## Instructions for the task
Provide the records once more, identical to the original.

Data items:
==================================================

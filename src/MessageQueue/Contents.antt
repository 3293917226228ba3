-- ===== src/MessageQueue/Contents.antt =====
-- Where the blocks of a message queue are, and which messages wait.
use mathlib.Core.List.{Perm}
use reiser_rt_core.Prelude.{ℕ, ◌+◌, ◌*◌, ◌≤◌, ◌<◌, ◌≡◌, some, List, ◌++◌, map, length, built, All}
use reiser_rt_core.RingBufferGuarded.Contents.{Represents}
use reiser_rt_core.RingBufferGuarded.Kept.{IsReady}
use reiser_rt_core.MessageQueue.{MessageQueue}

module _ {M : Type 0} where
  abbrev pub IsBlock : MessageQueue M → ℕ → Type 0
  IsBlock q a = (i : ℕ) × (i < q.requested_num_elements) × (a ≡ i * q.element_size)

  abbrev pub blocks : MessageQueue M → List ℕ
  blocks q = built (λ i. i * q.element_size) 0 q.requested_num_elements

-- Messages and the addresses that they lie at.
abbrev pub Placed : Type 0 → Type 0
Placed M = ℕ × M

abbrev pub addresses : {M : Type 0} → List (Placed M) → List ℕ
addresses = map (λ x. x.0)

-- The queue is in use: it has the blocks `free` to hand out, the messages `waiting` to dispatch,
-- both oldest first, and its callers hold the blocks `held`.
pub record Owns {M : Type 0} (q : MessageQueue M) (free : List ℕ) (waiting : List (Placed M))
    (held : List ℕ) : Type 0 where
  pub raw : Represents q.raw_ring_buffer free
  pub raw_ready : IsReady q.raw_ring_buffer
  pub raw_room : q.raw_ring_buffer.semaphore.max_available_count ≡ q.requested_num_elements
  pub cooked : Represents q.cooked_ring_buffer (addresses waiting)
  pub cooked_ready : IsReady q.cooked_ring_buffer
  pub cooked_room : q.cooked_ring_buffer.semaphore.max_available_count ≡ q.requested_num_elements
  pub storage : length q.arena ≡ q.element_size * q.requested_num_elements
  pub positive : 0 < q.element_size
  pub running : q.running_count ≡ length waiting + length held
  pub high : q.running_count ≤ q.high_watermark
  pub high_range : q.high_watermark ≤ q.requested_num_elements
  pub all_there : length free + length waiting + length held ≡ q.requested_num_elements
  pub alive : All (λ x. q.objects x.0 ≡ some x.1) waiting
  pub free_blocks : All (IsBlock q) free
  pub waiting_blocks : All (IsBlock q) (addresses waiting)
  pub held_blocks : All (IsBlock q) held
  pub shares : Perm ((free ++ addresses waiting) ++ held) (blocks q)
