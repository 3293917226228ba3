-- ===== src/MessageQueue/Blocks.antt =====
-- Different blocks of a message queue do not meet, so a block that a caller holds is not a
-- message's.
use mathlib.Core.List.{
  Perm, Mem, Nodup, Nodup-cons, perm_middle, mem-cons_self, mem-cons_of_mem, mem-append_left,
  mem-append_right,
}
use mathlib.Core.List.Perm
use reiser_rt_core.Prelude.{
  ℕ, ◌+◌, ◌*◌, ◌≤◌, ◌<◌, ◌≡◌, ◌≢◌, sym, ap, subst, ◌∙◌, ◌⊎◌, inl, inr, Option, some, List, [], ◌∷◌,
  ◌++◌, arith, dec_lt, ℕ_discrete, All,
}
use reiser_rt_core.Prelude.Families.{update}
use reiser_rt_core.MemoryPool.Lifetime.{Nodup-blocks}
use reiser_rt_core.MessageQueue.{MessageQueue}
use reiser_rt_core.MemoryPool.{wiped}
use reiser_rt_core.MessageQueue.Contents.{IsBlock, blocks, Placed, addresses}

pub later : (i j s : ℕ) → i < j → i * s + s ≤ j * s
later i j s h = grind arith

module _ {M : Type 0} where
  All-apart : (a : ℕ) (xs : List (Placed M)) → ¬ Mem a (addresses xs) → All (λ x. a ≢ x.0) xs
  All-apart a [] h = tt
  All-apart a (x ∷ xs) h = (
    (λ e. h (subst (λ b. Mem a (b ∷ addresses xs)) e mem-cons_self)),
    All-apart a xs (λ m. h (mem-cons_of_mem x.0 m)),
  )

  -- A block that a caller holds is not the place of a message that waits.
  pub apart :
      (q : MessageQueue M) (a : ℕ) (free : List ℕ) (waiting : List (Placed M)) (held : List ℕ)
      → 0 < q.element_size
      → Perm ((free ++ addresses waiting) ++ a ∷ held) (blocks q)
      → All (λ x. a ≢ x.0) waiting
  apart q a free waiting held pos shares =
      All-apart a waiting (λ m. alone.0 (mem-append_left held (mem-append_right free m)))
    where
      alone :
          (¬ Mem a ((free ++ addresses waiting) ++ held))
          × Nodup ((free ++ addresses waiting) ++ held)
      alone = Nodup-cons.0 (
          Perm.nodup (Perm.trans (Perm.symm shares) (perm_middle (free ++ addresses waiting) held))
            (Nodup-blocks q.element_size q.requested_num_elements 0 pos))

  -- Different blocks do not meet.
  block_outside :
      (q : MessageQueue M) (a b : ℕ)
      → IsBlock q a
      → IsBlock q b
      → a ≢ b
      → (b < a) ⊎ (a + q.element_size ≤ b)
  block_outside q a b (i, hi, ea) (j, hj, eb) ne = elim (dec_lt i j) [
    | yes less ↦ inr (omega (arith, ea, eb, later i j q.element_size less))
    | no more ↦ elim (ℕ_discrete i j) [
      | yes same ↦ absurd (ne (ea ∙ ap (λ (t : ℕ). t * q.element_size) same ∙ sym eb))
      | no other ↦ inl (omega (arith, ea, eb, ne, later j i q.element_size (omega arith)))
    ]
  ]

  pub block_inside :
      (q : MessageQueue M) (a : ℕ)
      → IsBlock q a
      → a + q.element_size ≤ q.element_size * q.requested_num_elements
  block_inside q a (i, lt, e) = grind (arith, e)

  pub alive-wiped :
      (q : MessageQueue M) (a : ℕ) (waiting : List (Placed M))
      → IsBlock q a
      → All (λ x. a ≢ x.0) waiting
      → All (IsBlock q) (addresses waiting)
      → All (λ x. q.objects x.0 ≡ some x.1) waiting
      → All (λ x. wiped q.objects a q.element_size x.0 ≡ some x.1) waiting
  alive-wiped q a [] b ne bs h = tt
  alive-wiped q a (x ∷ xs) b ne bs h =
      let out = block_outside q a x.0 b bs.0 ne.0 in
      let e = h.0 in (ground (arith, out), alive-wiped q a xs b ne.1 bs.1 h.1)

  pub alive-update :
      (objects : ℕ → Option M) (a : ℕ) (x : Option M) (waiting : List (Placed M))
      → All (λ x. a ≢ x.0) waiting
      → All (λ x. objects x.0 ≡ some x.1) waiting
      → All (λ y. update objects a x y.0 ≡ some y.1) waiting
  alive-update objects a x [] ne h = tt
  alive-update objects a x (y ∷ ys) ne h =
      let e = h.0 in let n = ne.0 in (ground arith, alive-update objects a x ys ne.1 h.1)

==================================================

## Response box
filename src/MessageQueue/Contents.antt
repository 3293917226228ba3
-- ===== src/MessageQueue/Contents.antt =====
-- Where the blocks of a message queue are, and which messages wait.
use mathlib.Core.List.{Perm}
use reiser_rt_core.Prelude.{ℕ, ◌+◌, ◌*◌, ◌≤◌, ◌<◌, ◌≡◌, some, List, ◌++◌, map, length, built, All}
use reiser_rt_core.RingBufferGuarded.Contents.{Represents}
use reiser_rt_core.RingBufferGuarded.Kept.{IsReady}
use reiser_rt_core.MessageQueue.{MessageQueue}

module _ {M : Type 0} where
  abbrev pub IsBlock : MessageQueue M → ℕ → Type 0
  IsBlock q a = (i : ℕ) × (i < q.requested_num_elements) × (a ≡ i * q.element_size)

  abbrev pub blocks : MessageQueue M → List ℕ
  blocks q = built (λ i. i * q.element_size) 0 q.requested_num_elements

-- Messages and the addresses that they lie at.
abbrev pub Placed : Type 0 → Type 0
Placed M = ℕ × M

abbrev pub addresses : {M : Type 0} → List (Placed M) → List ℕ
addresses = map (λ x. x.0)

-- The queue is in use: it has the blocks `free` to hand out, the messages `waiting` to dispatch,
-- both oldest first, and its callers hold the blocks `held`.
pub record Owns {M : Type 0} (q : MessageQueue M) (free : List ℕ) (waiting : List (Placed M))
    (held : List ℕ) : Type 0 where
  pub raw : Represents q.raw_ring_buffer free
  pub raw_ready : IsReady q.raw_ring_buffer
  pub raw_room : q.raw_ring_buffer.semaphore.max_available_count ≡ q.requested_num_elements
  pub cooked : Represents q.cooked_ring_buffer (addresses waiting)
  pub cooked_ready : IsReady q.cooked_ring_buffer
  pub cooked_room : q.cooked_ring_buffer.semaphore.max_available_count ≡ q.requested_num_elements
  pub storage : length q.arena ≡ q.element_size * q.requested_num_elements
  pub positive : 0 < q.element_size
  pub running : q.running_count ≡ length waiting + length held
  pub high : q.running_count ≤ q.high_watermark
  pub high_range : q.high_watermark ≤ q.requested_num_elements
  pub all_there : length free + length waiting + length held ≡ q.requested_num_elements
  pub alive : All (λ x. q.objects x.0 ≡ some x.1) waiting
  pub free_blocks : All (IsBlock q) free
  pub waiting_blocks : All (IsBlock q) (addresses waiting)
  pub held_blocks : All (IsBlock q) held
  pub shares : Perm ((free ++ addresses waiting) ++ held) (blocks q)
repository 3293917226228ba3
-- ===== src/MessageQueue/Blocks.antt =====
-- Different blocks of a message queue do not meet, so a block that a caller holds is not a
-- message's.
use mathlib.Core.List.{
  Perm, Mem, Nodup, Nodup-cons, perm_middle, mem-cons_self, mem-cons_of_mem, mem-append_left,
  mem-append_right,
}
use mathlib.Core.List.Perm
use reiser_rt_core.Prelude.{
  ℕ, ◌+◌, ◌*◌, ◌≤◌, ◌<◌, ◌≡◌, ◌≢◌, sym, ap, subst, ◌∙◌, ◌⊎◌, inl, inr, Option, some, List, [], ◌∷◌,
  ◌++◌, arith, dec_lt, ℕ_discrete, All,
}
use reiser_rt_core.Prelude.Families.{update}
use reiser_rt_core.MemoryPool.Lifetime.{Nodup-blocks}
use reiser_rt_core.MessageQueue.{MessageQueue}
use reiser_rt_core.MemoryPool.{wiped}
use reiser_rt_core.MessageQueue.Contents.{IsBlock, blocks, Placed, addresses}

pub later : (i j s : ℕ) → i < j → i * s + s ≤ j * s
later i j s h = grind arith

module _ {M : Type 0} where
  All-apart : (a : ℕ) (xs : List (Placed M)) → ¬ Mem a (addresses xs) → All (λ x. a ≢ x.0) xs
  All-apart a [] h = tt
  All-apart a (x ∷ xs) h = (
    (λ e. h (subst (λ b. Mem a (b ∷ addresses xs)) e mem-cons_self)),
    All-apart a xs (λ m. h (mem-cons_of_mem x.0 m)),
  )

  -- A block that a caller holds is not the place of a message that waits.
  pub apart :
      (q : MessageQueue M) (a : ℕ) (free : List ℕ) (waiting : List (Placed M)) (held : List ℕ)
      → 0 < q.element_size
      → Perm ((free ++ addresses waiting) ++ a ∷ held) (blocks q)
      → All (λ x. a ≢ x.0) waiting
  apart q a free waiting held pos shares =
      All-apart a waiting (λ m. alone.0 (mem-append_left held (mem-append_right free m)))
    where
      alone :
          (¬ Mem a ((free ++ addresses waiting) ++ held))
          × Nodup ((free ++ addresses waiting) ++ held)
      alone = Nodup-cons.0 (
          Perm.nodup (Perm.trans (Perm.symm shares) (perm_middle (free ++ addresses waiting) held))
            (Nodup-blocks q.element_size q.requested_num_elements 0 pos))

  -- Different blocks do not meet.
  block_outside :
      (q : MessageQueue M) (a b : ℕ)
      → IsBlock q a
      → IsBlock q b
      → a ≢ b
      → (b < a) ⊎ (a + q.element_size ≤ b)
  block_outside q a b (i, hi, ea) (j, hj, eb) ne = elim (dec_lt i j) [
    | yes less ↦ inr (omega (arith, ea, eb, later i j q.element_size less))
    | no more ↦ elim (ℕ_discrete i j) [
      | yes same ↦ absurd (ne (ea ∙ ap (λ (t : ℕ). t * q.element_size) same ∙ sym eb))
      | no other ↦ inl (omega (arith, ea, eb, ne, later j i q.element_size (omega arith)))
    ]
  ]

  pub block_inside :
      (q : MessageQueue M) (a : ℕ)
      → IsBlock q a
      → a + q.element_size ≤ q.element_size * q.requested_num_elements
  block_inside q a (i, lt, e) = grind (arith, e)

  pub alive-wiped :
      (q : MessageQueue M) (a : ℕ) (waiting : List (Placed M))
      → IsBlock q a
      → All (λ x. a ≢ x.0) waiting
      → All (IsBlock q) (addresses waiting)
      → All (λ x. q.objects x.0 ≡ some x.1) waiting
      → All (λ x. wiped q.objects a q.element_size x.0 ≡ some x.1) waiting
  alive-wiped q a [] b ne bs h = tt
  alive-wiped q a (x ∷ xs) b ne bs h =
      let out = block_outside q a x.0 b bs.0 ne.0 in
      let e = h.0 in (ground (arith, out), alive-wiped q a xs b ne.1 bs.1 h.1)

  pub alive-update :
      (objects : ℕ → Option M) (a : ℕ) (x : Option M) (waiting : List (Placed M))
      → All (λ x. a ≢ x.0) waiting
      → All (λ x. objects x.0 ≡ some x.1) waiting
      → All (λ y. update objects a x y.0 ≡ some y.1) waiting
  alive-update objects a x [] ne h = tt
  alive-update objects a x (y ∷ ys) ne h =
      let e = h.0 in let n = ne.0 in (ground arith, alive-update objects a x ys ne.1 h.1)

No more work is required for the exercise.